If the core signal is a stereo signal, the extended decoding unit, upmixing the core signal using the first spatial information.

The method of claim 9,

And the second decoding method corresponds to a method of generating the stereo channel or the multi-channel signal using spatial information including a level difference between channels.

The method of claim 9,

The extractor further extracts core channel information from the audio signal bitstream, and determines whether the core signal is a mono signal or a stereo signal based on the core channel information.

The method of claim 9,

The extractor extracts SBR (Spectral Band Replication) flag information from the audio signal bitstream and determines whether to use an SBR tool based on the SBR flag information.

The method of claim 14,

When the SBR (Spectral Band Replication) tool is not used according to the SBR flag information, the extended decoding unit upmixes the core signal using only the second decoding information, not the first decoding information.
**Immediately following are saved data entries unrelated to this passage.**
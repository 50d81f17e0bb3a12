-- ===== src/Buffer/Contract.antt =====
-- Every operation of the buffer, as one type of requests.
use game_network.Base.{
  ℕ, ◌+◌, ◌^◌, ◌≤◌, ◌<◌, ◌≡◌, refl, inl, inr, arith, List, [], ◌∷◌, length, leb, leb→le, Bool-cases,
  Result,
}
use game_network.Base.Bytes.{le_value, length-le_bytes}
use game_network.Platform.{Host}
use game_network.Buffer.{
  Buffer, write_integer, write_short, write_byte, read_integer, read_short, read_byte,
  write_long_long, read_long_long, write_buffer, read_buffer, has_room,
}
use game_network.Buffer.Float.{FloatOrder, write_float, read_float}
use game_network.Buffer.Safety.{
  IsValid, valid, buffer_at, Outcome, refused, moved, after, fixed_write, fixed_read, write_loop_at,
  read_loop_at,
}

pub data Request : Type 0 where
  put_long_long put_integer put_short put_byte : ℕ → Request
  get_long_long get_integer get_short get_byte : Request
  put_block get_block : List ℕ → ℕ → Request

-- The bytes that a request moves.
abbrev pub width : Request → ℕ
width (put_long_long v) = 8
width (put_integer v) = 4
width (put_short v) = 2
width (put_byte v) = 1
width get_long_long = 8
width get_integer = 4
width get_short = 2
width get_byte = 1
width (put_block source n) = n
width (get_block out n) = n

-- A block has the bytes that are asked for, and fewer than 2 ^ 31.
abbrev pub IsSound : Request → Type 0
IsSound (put_block source n) = (n ≤ length source) × (n < 2 ^ 31)
IsSound (get_block out n) = (n ≤ length out) × (n < 2 ^ 31)
IsSound _ = Unit {0}

module _ (h : Host) where
  unfoldable pub serve : Request → Buffer → Result Buffer
  serve (put_long_long v) b = write_long_long h v b
  serve (put_integer v) b = write_integer h v b
  serve (put_short v) b = write_short h v b
  serve (put_byte v) b = write_byte v b
  serve get_long_long b = after (read_long_long h b)
  serve get_integer b = after (read_integer h b)
  serve get_short b = after (read_short h b)
  serve get_byte b = after (read_byte b)
  serve (put_block source n) b = write_buffer source n b
  serve (get_block out n) b = after (read_buffer out n b)

-- Below 2 ^ 31 the unsigned check is the check of the bytes that are left.
has_room-eq :
    (n : ℕ) (m : List ℕ) (s i : ℕ)
    → i ≤ s
    → s < 2 ^ 31
    → n < 2 ^ 31
    → has_room n (buffer_at m s i) ≡ leb (i + n) s
has_room-eq n m s i p q r = ground arith

write_buffer-Outcome :
    (source : List ℕ) (n : ℕ) {b : Buffer}
    → n ≤ length source
    → n < 2 ^ 31
    → IsValid b
    → Outcome n b (write_buffer source n b)
unfolding write_buffer
write_buffer-Outcome source n long small (valid m s i p q r) =
    rw (has_room-eq n m s i q r small) (elim (Bool-cases (leb (i + n) s)) [
      | inl fits ↦
          let below : i + n ≤ s = leb→le _ _ fits in
          let (m', same, e) =
            write_loop_at n 0 source m s i (i + n) refl (omega arith) (omega arith) in
          rw (fits, e) (moved fits (valid m' s (i + n) (rw same p) below r) refl refl)
      | inr over ↦ rw over (refused over)
    ])

read_buffer-Outcome :
    (out : List ℕ) (n : ℕ) {b : Buffer}
    → n ≤ length out
    → n < 2 ^ 31
    → IsValid b
    → Outcome n b (after (read_buffer out n b))
unfolding read_buffer
read_buffer-Outcome out n long small (valid m s i p q r) =
    rw (has_room-eq n m s i q r small) (elim (Bool-cases (leb (i + n) s)) [
      | inl fits ↦
          let below : i + n ≤ s = leb→le _ _ fits in
          let (out', e) = read_loop_at n 0 out m s i (i + n) refl (omega arith) (omega arith) in
          rw (fits, e) (moved fits (valid m s (i + n) p below r) refl refl)
      | inr over ↦ rw over (refused over)
    ])

-- At a valid buffer each read and write, of a number or of a block with the bytes that are asked for and fewer
-- than 2 ^ 31, throws `out_of_range` exactly when fewer bytes are left than it moves. Otherwise it
-- moves the index by just those, keeps the size and leaves a valid buffer. It never leaves the
-- memory.
pub serve-Outcome :
    (h : Host) (q : Request) {b : Buffer}
    → IsSound q
    → IsValid b
    → Outcome (width q) b (serve h q b)
unfolding serve write_long_long write_integer write_short write_byte read_long_long read_integer
    read_short read_byte
serve-Outcome h (put_long_long v) s (valid m n i p q r) =
    fixed_write m n i p q r 8 _ (length-le_bytes 8 _)
serve-Outcome h (put_integer v) s (valid m n i p q r) =
    fixed_write m n i p q r 4 _ (length-le_bytes 4 _)
serve-Outcome h (put_short v) s (valid m n i p q r) =
    fixed_write m n i p q r 2 _ (length-le_bytes 2 _)
serve-Outcome h (put_byte v) s (valid m n i p q r) = fixed_write m n i p q r 1 (v ∷ []) refl
serve-Outcome h get_long_long s (valid m n i p q r) = fixed_read m n i p q r 8 _
serve-Outcome h get_integer s (valid m n i p q r) = fixed_read m n i p q r 4 _
serve-Outcome h get_short s (valid m n i p q r) = fixed_read m n i p q r 2 _
serve-Outcome h get_byte s (valid m n i p q r) = fixed_read m n i p q r 1 le_value
serve-Outcome h (put_block source n) s v = write_buffer-Outcome source n s.0 s.1 v
serve-Outcome h (get_block out n) s v = read_buffer-Outcome out n s.0 s.1 v

-- The requests, and those of floats.
pub data Access : Type 0 where
  plain : Request → Access
  put_float : ℕ → Access
  get_float : Access

abbrev pub access_width : Access → ℕ
access_width (plain q) = width q
access_width (put_float v) = 4
access_width get_float = 4

abbrev pub IsSoundAccess : Access → Type 0
IsSoundAccess (plain q) = IsSound q
IsSoundAccess _ = Unit {0}

unfoldable pub serve_any : Host → FloatOrder → Access → Buffer → Result Buffer
unfolding serve
serve_any h f (plain q) b = serve h q b
serve_any h f (put_float v) b = write_float f v b
serve_any h f get_float b = after (read_float f b)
Audio signal processing device.

The method of claim 9,

The extraction unit determines the output mode according to the channel expansion environment information,

And the extended decoding unit upmixes the core signal in a normal mode instead of a binaural mode when the output mode is a stereo output mode.

Determining an output mode based on the channel extension environment information; And,

Generating second spatial information by using first spatial information included in the audio signal bitstream when the output mode is a stereo output mode; And

Upmixing a core signal using one of the first spatial information and the second spatial information;

The first spatial information is information for decoding for upmixing the core signal into a stereo signal or a multichannel signal,

The second spatial information includes information for upmixing the core signal into a stereo signal.

The method of claim 17,

If the core signal is a stereo signal,

Upmixing the core signal is performed using the first spatial information.

The method of claim 17,

If the output mode is a stereo output mode, the step of upmixing the core signal, audio signal processing method, characterized in that performed in the normal mode, not binaural mode.

An extraction unit for extracting channel extension environment information from an audio signal bitstream and determining an output mode based on the channel extension environment information;

A spatial information generator configured to generate second spatial information by using first spatial information included in the audio signal bitstream when the output mode is a stereo output mode; And,

An extended decoding unit configured to upmix a core signal using one of the first spatial information and the second spatial information,

The first spatial information is information for upmixing the core signal into a stereo signal or a multichannel signal,

The method of claim 20,

The core signal is a stereo signal,

The extended decoding unit is configured to upmix the core signal using the first spatial information.

The method of claim 20,

And when the output mode is a stereo output mode, the extended decoding unit upmixes the core signal in a normal mode instead of a binaural mode.